Good idea on using your vet. I've heard numerous stories of people using the sellers vet and the horse was drugged or whatever. SHADY!


----------



## kitten_Val (Apr 25, 2007)

If she's as great as you say she's a steal for the money.  But DEFINITELY ask your vet to do the full exam. It's better pay for that than be sorry later on...


----------



## FoxyRoxy1507 (Jul 15, 2008)

she is adorable and built really nice for jumping with that short back and nice hip, she will be a powerhouse!

she reminds me of my old grey ottb.

in my opinion i would get her.


----------



## gotxhorses (Jul 6, 2008)

Okay! I'll definately talk to my vet! And yes, she did race, so I will get the full exam. My friend also knows the person selling her, so I'd hope she wouldn't be hiding anything. But just in case.


----------



## xNigelx (Jul 28, 2008)

yeah, my friend got a horse from her* trainer* and it was drugged! What some people would do for money, my goodness.
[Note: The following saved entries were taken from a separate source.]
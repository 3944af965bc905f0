-- ===== src/Operator/Supervisor.antt =====
-- native_stack/tools/vla_operator.py: `Supervisor`, the thread that owns the drive connection, with
-- the `send` and `status` of the `Client` in native_stack/tools/client.py that it calls. The clock,
-- the sticks, the buttons that a poll reports, whether a packet is sent and the controller's answer
-- are the inputs of a round. The printed notes and the buffers that record a run are left out.
pub mod Round
pub mod Current
pub mod Trouble
pub mod Messages
pub mod Stops
pub mod Arm
pub mod Arming
use kaivuriprokkis.Prelude.{
  not, ◌||◌, ℕ, ◌+◌, ◌-◌, ◌==◌, Bool, true, false, not, ◌&&◌, ◌||◌, Option, none, some, List, [],
  ◌∷◌, ◌++◌, length, drop, replicate, if◌then◌else◌,
}
use kaivuriprokkis.Prelude.Int.{ℤ, pos, negsuc, ◌+ℤ◌, ◌-ℤ◌, ltb_ℤ, leb_ℤ}
use kaivuriprokkis.Prelude.Dict.{Dict, insert}
use kaivuriprokkis.Float.{Float}
use kaivuriprokkis.Operator.Tasks.{TaskList, step}
use Prim.Native.String.{String}

pub data Mode : Type 0 where
  model manual : Mode

pub data Kind : Type 0 where
  finished plan_problem gamepad controller error : Kind

-- Why a run stops; `asked` is a caller's text.
pub data Reason : Type 0 where
  no_first_plan observation_age chunk_exhausted gamepad_error controller_state supervisor_error :
      Reason
  asked : String → Reason

pub data Button : Type 0 where
  btn_a btn_x btn_b btn_dpad_left btn_dpad_right other : Button

pub record Plan (F : Type 0) : Type 0 where
  pub rows : List (List F)
  pub t0_ns : ℤ
  pub obs_ns : ℤ
  pub id : ℕ

-- A packet: the rows, the flags, fps, t0_ns and observation_ns of a DRIVE.
pub data Message (F : Type 0) : Type 0 where
  drive : List (List F) → ℕ → F → ℤ → ℤ → Message F
  disarm status : Message F

-- `out` is what was sent on the connection, each with its sequence number, the newest first.
pub record Supervisor (F : Type 0) : Type 0 where
  pub fps : F
  pub max_age : F
  pub renew : F
  pub first_plan_s : F
  pub has_pad : Bool
  pub pump : Bool
  pub tasks : Option TaskList
  pub mode : Mode
  pub model_since : ℤ
  pub plan : Option (Plan F)
  pub sent_plan : Option (List (List F) × (ℤ × ℕ))
  pub fresh : Bool
  pub next_id : ℕ
  pub stopped : Option (Reason × Kind)
  pub halted : Bool
  pub closed : Bool
  pub connected : Bool
  pub sequence : ℕ
  pub by_sequence : Dict ℕ (ℤ × List (List F))
  pub sent : ℕ
  pub last_send : ℤ
  pub out : List (ℕ × Message F)

pub data Refusal : Type 0 where
  manual_mode observed_before not_newer : Refusal

module _ {F : Type 0} where
  -- DEADMAN | (PUMP if self.pump else 0)
  abbrev pub flags : Supervisor F → ℕ
  flags s = if s.pump then 5 else 1

  -- `clock` is the time of the construction.
  unfoldable pub make_supervisor :
      F → F → F → F → Bool → Bool → Bool → Option TaskList → ℤ → Supervisor F
  make_supervisor fps max_age renew first_plan_s has_pad pump start_model tasks clock = record {
    fps = fps;
    max_age = max_age;
    renew = renew;
    first_plan_s = first_plan_s;
    has_pad = has_pad;
    pump = pump;
    tasks = tasks;
    mode = if not has_pad || start_model then model else manual;
    model_since = clock;
    plan = none;
    sent_plan = none;
    fresh = false;
    next_id = 0;
    stopped = none;
    halted = false;
    closed = false;
    connected = true;
    sequence = 0;
    by_sequence = [];
    sent = 0;
    last_send = pos 0;
    out = [];
  }

  unfoldable pub set_mode : Mode → ℤ → Supervisor F → Supervisor F
  set_mode m clock s = record s { mode = m; plan = none; sent_plan = none; model_since = clock }

  unfoldable pub drop_plan : ℤ → Supervisor F → Supervisor F
  drop_plan clock s = record s { plan = none; sent_plan = none; model_since = clock }

  unfoldable pub running_plan : Supervisor F → Option (List (List F) × (ℤ × ℕ))
  running_plan s = elim s.plan [ none ↦ none | some p ↦ some (p.rows, (p.t0_ns, p.id)) ]

  -- The reason to refuse an offer, in the order of the tests.
  unfoldable pub refusal : ℤ → Supervisor F → Option Refusal
  refusal obs s = elim s.mode [
    | manual ↦ some manual_mode
    | model ↦ if leb_ℤ obs s.model_since then some observed_before else elim s.plan [
      | none ↦ none
      | some p ↦ if leb_ℤ obs p.obs_ns then some not_newer else none
    ]
  ]

  unfoldable pub offer : List (List F) → ℤ → ℤ → Supervisor F → Supervisor F × Option Refusal
  unfolding refusal
  offer rows t0 obs s = elim (refusal obs s) [
    | some r ↦ (s, some r)
    | none ↦ (
      record s {
        next_id = s.next_id + 1;
        plan = some (record { rows = rows; t0_ns = t0; obs_ns = obs; id = s.next_id + 1 });
        fresh = true;
      },
      none,
    )
  ]

  -- The first reason stays.
  unfoldable pub stop : Reason → Kind → Supervisor F → Supervisor F
  stop r k s = elim s.stopped [
    | none ↦ record s { stopped = some (r, k); halted = true }
    | some _ ↦ record s { halted = true }
  ]

  abbrev pub are_six : List (List F) → Bool
  are_six [] = true
  are_six (r ∷ rs) = length r == 6 && are_six rs

  -- Only a DRIVE has rows, and each must be of six controls.
  abbrev pub is_packed : Message F → Bool
  is_packed (drive rows _ _ _ _) = are_six rows
  is_packed disarm = true
  is_packed status = true

  -- `Client.send`, and whether it returns: `link` says whether the open socket takes the packet.
  unfoldable pub send : Bool → Message F → Supervisor F → Supervisor F × Bool
  send link m s =
      if is_packed m && (link && s.connected)
      then (record s { sequence = s.sequence + 1; out = (s.sequence + 1, m) ∷ s.out }, true)
      else (record s { sequence = s.sequence + 1 }, false)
Where are you getting her from? Do they have website?


----------



## gotxhorses (Jul 6, 2008)

Yeah, its on a barn website, but I don't remember the name of it. It's not one of the big ones like equine.com or dreamhorse.com.


----------



## gotxhorses (Jul 6, 2008)

Also, on average, what do vets charge for a pre-purchase exam? I have never actually bought a horse of my own, I always just help other people out with doing it, and I train their horses.


----------



## JustDressageIt (Oct 4, 2007)

xNigelx said:


> yeah, my friend got a horse from her* trainer* and it was drugged! What some people would do for money, my goodness.


There's a woman in the olympics this year that sold me a drugged horse. 

Anyways, cute horse - can't spot any faults that haven't been pointed out. If you can handle an OTTB, she's a steal for the price - as long as she passes an extensive vet check. I would HIGHLY recommend getting a battery of bloodwork done as well. (Drug testing as well as for illness)


----------



## xNigelx (Jul 28, 2008)

http://answers.yahoo.com/question/index?qid=20080505034500AAEKXBh
That was helpful ^^


----------



## kitten_Val (Apr 25, 2007)

My neighbor got "child-proof" pony for her 10 years old from *friend*. Pony spooks on EVERYTHING and the little girl eventually fall off and now afraid to ride anywhere but little in ring at home. The "friend" refused to take pony back.


----------



## farmpony84 (Apr 21, 2008)

CUTE!


----------



## xcountryrider (Jul 28, 2008)

gotxhorses said:


> She's calm, she loves to trail ride. She's a total love bug and has great manners. No vices either.


Being off the track, you are really lucky!!


----------



## gotxhorses (Jul 6, 2008)

Yeah, that's what I thought, too! I was like wow, talk about once in a life time deal.


----------